Tem ate cracker pra ele. :P

----------


## leoservice

No link abaixo esta o programa que monitora as converas que passarem pela sua rede. 

http://superdownloads.ubbi.com.br/download/i27307.html


Estranho entrar numa igreja de crente e perguntar que santo faz tal milagre. "entrar num forum linux e perguntar sobre um software para windows" rsrsrs

----------


## Pedro0278

> Estranho entrar numa igreja de crente e perguntar que santo faz tal milagre. "entrar num forum linux e perguntar sobre um software para windows" rsrsrs



Mais estranho ainda eh não poder encontrar o santo certo no lugar que deveria. 

:roll: 

Gostei da sua frase...

----------


## leoservice

Valeus Pedro




> Postado originalmente por leoservice
> 
> Estranho entrar numa igreja de crente e perguntar que santo faz tal milagre. "entrar num forum linux e perguntar sobre um software para windows" rsrsrs
> 
> 
> 
> Mais estranho ainda eh não poder encontrar o santo certo no lugar que deveria. 
> 
> :roll: 
> ...

----------


## Shadow_Night

So não se esqueça, que isto se enquadra como Invasão de Privacidade, e pena pra isto não é tão levinha..

Se vai fazer coisa errada tenha conciência da dor de cabeça, dos problemas, e do risco que você corre para fazer isto..

a não importa se o alvo é seu irmão, sua Irmã, seu pai, sua mãe, seu vizinho, sua namorada, pessoas diferentes, invasão de privacidade da na mesma...

----------


## Pedro0278

Concordo com você, mas deverias mandar um email a cada uma das empresas que desenvolve o sftware e aos sites que disponibilizam advertindo do mesmo.

----------


## Shadow_Night

E aquela velha coisa.. eu fiz, vc usou pra fins impróprios, o responsavel é vc, o responsavel é sempre a ponta nunca o fabriicante né cara.... infelizmente a lei se faz assim.
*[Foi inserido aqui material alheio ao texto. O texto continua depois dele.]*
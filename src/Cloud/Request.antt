-- ===== src/Cloud/Request.antt =====
-- `_request` and `post_command_result` of src/cloud/client.py. What becomes of each attempt is an
-- argument; a connection that fails or an answer that is no JSON is broken.
use wqm.Prelude.{
  ℕ, zero, suc, ◌+◌, ◌-◌, ◌≤◌, ◌<◌, ◌≡◌, ◌⊎◌, inl, inr, refl, Bool, true, false, not, ◌&&◌, ◌||◌,
  List, [], ◌∷◌, length, arith, leb, ltb, ◌==◌, min, if◌then◌else◌, Bool-cases, get_elem?, get_or,
  contains, from_next,
}

pub data Attempt : Type 0 where
  answered : ℕ → Attempt
  http_error : ℕ → Attempt
  broken : Attempt

-- What a request does: its status, which is 0 where no attempt got one, the attempts that it made, the
-- waits between them, and whether the key was given up.
pub record Requested : Type 0 where
  pub status : ℕ
  pub attempts : ℕ
  pub waits : List ℕ
  pub revoked : Bool

-- A status of the client's fault, which is not tried again.
abbrev pub is_client_error : ℕ → Bool
is_client_error code = leb 400 code && ltb code 500

unfoldable pub delay : List ℕ → ℕ → ℕ
delay delays attempt = get_or (get_elem? delays (min attempt (length delays - 1))) 0

abbrev pub decided : ℕ → Bool → Requested
decided status revoked = record { status = status; attempts = 1; waits = []; revoked = revoked }

-- One attempt more, after a wait if others come.
abbrev pub after : List ℕ → ℕ → ℕ → ℕ → Requested → Requested
after delays attempt zero last rest = record {
  status = last;
  attempts = 1;
  waits = [];
  revoked = false;
}
after delays attempt (suc more) last rest = record rest {
  attempts = suc rest.attempts;
  waits = delay delays attempt ∷ rest.waits;
}

-- The status that a request would end with after an attempt, if no other followed.
abbrev pub status_after : ℕ → Attempt → ℕ
status_after last (answered code) = code
status_after last (http_error code) = code
status_after last broken = last

abbrev pub gives_up : Bool → Attempt → Bool
gives_up has_key (http_error code) = (code == 401) && has_key
gives_up has_key _ = false

-- An attempt that leaves a request undecided.
abbrev pub is_transient : Attempt → Bool
is_transient (answered code) = false
is_transient (http_error code) = not (is_client_error code)
is_transient broken = true

-- The attempts from the given one on, of which `left` are left.
unfoldable pub request_from : Bool → List ℕ → (ℕ → Attempt) → ℕ → ℕ → ℕ → Requested
request_from has_key delays line zero attempt last = record {
  status = last;
  attempts = 0;
  waits = [];
  revoked = false;
}
request_from has_key delays line (suc left) attempt last =
    let status = status_after last (line attempt) in
    let rest = request_from has_key delays line left (suc attempt) status in
    if is_transient (line attempt)
    then after delays attempt left status rest
    else decided status (gives_up has_key (line attempt))

unfoldable pub request : Bool → Bool → List ℕ → ℕ → (ℕ → Attempt) → Requested
request is_http has_key delays max_retries line =
    if is_http
    then request_from has_key delays line max_retries 0 0
    else record { status = 0; attempts = 0; waits = []; revoked = false }

pub data Posted : Type 0 where
  recorded retry lost : Posted

abbrev result_retry_http : List ℕ
result_retry_http = 0 ∷ 401 ∷ 403 ∷ 408 ∷ 429 ∷ []

unfoldable pub outcome_of : ℕ → Posted
outcome_of http =
    if http == 200 || http == 409
    then recorded
    else if leb 500 http || contains http result_retry_http
    then retry
    else if is_client_error http
    then lost
    else retry

-- The attempts of a request from the given one on: they are at most those that are left, with a wait
-- between each two; all but the last are transient, and the last too where none is left.
pub record IsTried (line : ℕ → Attempt) (left attempt : ℕ) (r : Requested) : Type 0 where
  pub bounded : r.attempts ≤ left
  pub tries : min left 1 ≤ r.attempts
  pub spaced : length r.waits ≡ r.attempts - 1
  pub transient :
      (k : ℕ) → attempt ≤ k → suc k < attempt + r.attempts → is_transient (line k) ≡ true
  pub ends :
      (r.attempts ≡ left)
      ⊎ ((k : ℕ) × (suc k ≡ attempt + r.attempts) × (is_transient (line k) ≡ false))

module _ (has_key : Bool) (delays : List ℕ) (line : ℕ → Attempt) where
  decided-IsTried :
      (left attempt status : ℕ) (revoked : Bool)
      → is_transient (line attempt) ≡ false
      → IsTried line (suc left) attempt (decided status revoked)
  decided-IsTried left attempt status revoked h = record {
    bounded = omega arith;
    tries = omega arith;
    spaced = omega arith;
    transient = λ k low high. absurd (omega (arith, low, high));
    ends = inr (attempt, omega arith, h);
  }

  after-IsTried :
      (left attempt status : ℕ) (rest : Requested)
      → is_transient (line attempt) ≡ true
      → IsTried line left (suc attempt) rest
      → IsTried line (suc left) attempt (after delays attempt left status rest)
  after-IsTried zero attempt status rest h t = record {
    bounded = omega arith;
    tries = omega arith;
    spaced = omega arith;
    transient = λ k low high. absurd (omega (arith, low, high));
    ends = inl refl;
  }
  after-IsTried (suc more) attempt status rest h t = record {
    bounded = omega (arith, t.bounded);
    tries = omega arith;
    spaced = omega (arith, t.spaced, t.tries);
    transient = λ k low high.
        from_next (λ k. suc k < attempt + suc rest.attempts → is_transient (line k) ≡ true) attempt
          k (λ within. h) (λ above within. t.transient k above (omega (arith, within))) low high;
    ends = elim t.ends [
      | inl e ↦ inl (omega (arith, e))
      | inr (k, e, f) ↦ inr (k, omega (arith, e), f)
    ];
  }

  request_from-IsTried :
      (left attempt last : ℕ)
      → IsTried line left attempt (request_from has_key delays line left attempt last)
  unfolding request_from
  request_from-IsTried zero attempt last = record {
    bounded = omega arith;
    tries = omega arith;
    spaced = omega arith;
    transient = λ k low high. absurd (omega (arith, low, high));
    ends = inl refl;
  }
  request_from-IsTried (suc left) attempt last = elim (Bool-cases (is_transient (line attempt))) [
    | inl e ↦ rw e (
        after-IsTried left attempt _ _ e
          (request_from-IsTried left (suc attempt) (status_after last (line attempt))))
    | inr e ↦ rw e (decided-IsTried left attempt _ _ e)
  ]

-- A request makes at most as many attempts as it may, and one at least, with a wait between each two;
-- it goes on after an attempt exactly where that got no answer, or an error that is not the client's,
-- until it may make no more. A URL that is not of HTTP is not asked at all.
pub request_tries :
    (has_key : Bool) (delays : List ℕ) (max_retries : ℕ) (line : ℕ → Attempt)
    → IsTried line max_retries 0 (request true has_key delays max_retries line)
      × ((request false has_key delays max_retries line).attempts ≡ 0)
unfolding request
request_tries has_key delays max_retries line =
    (request_from-IsTried has_key delays line max_retries 0 0, refl)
mas não adianta a gente entrar em dabate do que é etico ou não, so estou dando um alerta pro cara, vai saber qual iintenção dele?..

so dei um aviso 8)

----------


## leoservice

Algumas empresas vem adotando o mesmo procedimento para gravação de conversa telefonica. Ela pede a voce para assinar um contrato de trabalho onde nele é informado tal monitoramento e deixa claro que o uso do softweare MSN, Internet e email esta restrito para uso comercial, dando o direito a empresa a acesso as informações trafegadas. Como dizem o que é combinado não é caro. Se fossemos pensar monitoramento com uso de camera seria invasão de privacidade e seria proibido o uso. Como não sou advogado não sei dar detalhes mas sei q pra tudo no brasil tem um jeito.

----------


## Pedro0278

> Se fossemos pensar monitoramento com uso de camera seria invasão de privacidade e seria proibido o uso. Como não sou advogado não sei dar detalhes mas sei q pra tudo no brasil tem um jeito.


Boa porrada... bom menino... vou processar o banco, o supermercado e também o condominio....

Não existe (aparent) invasão de privacidade no mundo atual, ainda mais numa rede de computadores...

----------


## leoservice

Vou processar meu provedor e meu PC pois fica gravando LOG de meus acessos, vou aproveitar e processar o squid que grava todas as paginas que entrei rsrsrs




> Postado originalmente por leoservice
> 
> Se fossemos pensar monitoramento com uso de camera seria invasão de privacidade e seria proibido o uso. Como não sou advogado não sei dar detalhes mas sei q pra tudo no brasil tem um jeito.
> 
> 
> Boa porrada... bom menino... vou processar o banco, o supermercado e também o condominio....
> 
> Não existe (aparent) invasão de privacidade no mundo atual, ainda mais numa rede de computadores...

----------


## Shadow_Night

sem querer ser chato mas....




> Olá! Sou iniciante e queria saber como paço para olhar conversas dos outros através do MSN. Estou com um problema sério que se resolve caso eu consiga fazer isso.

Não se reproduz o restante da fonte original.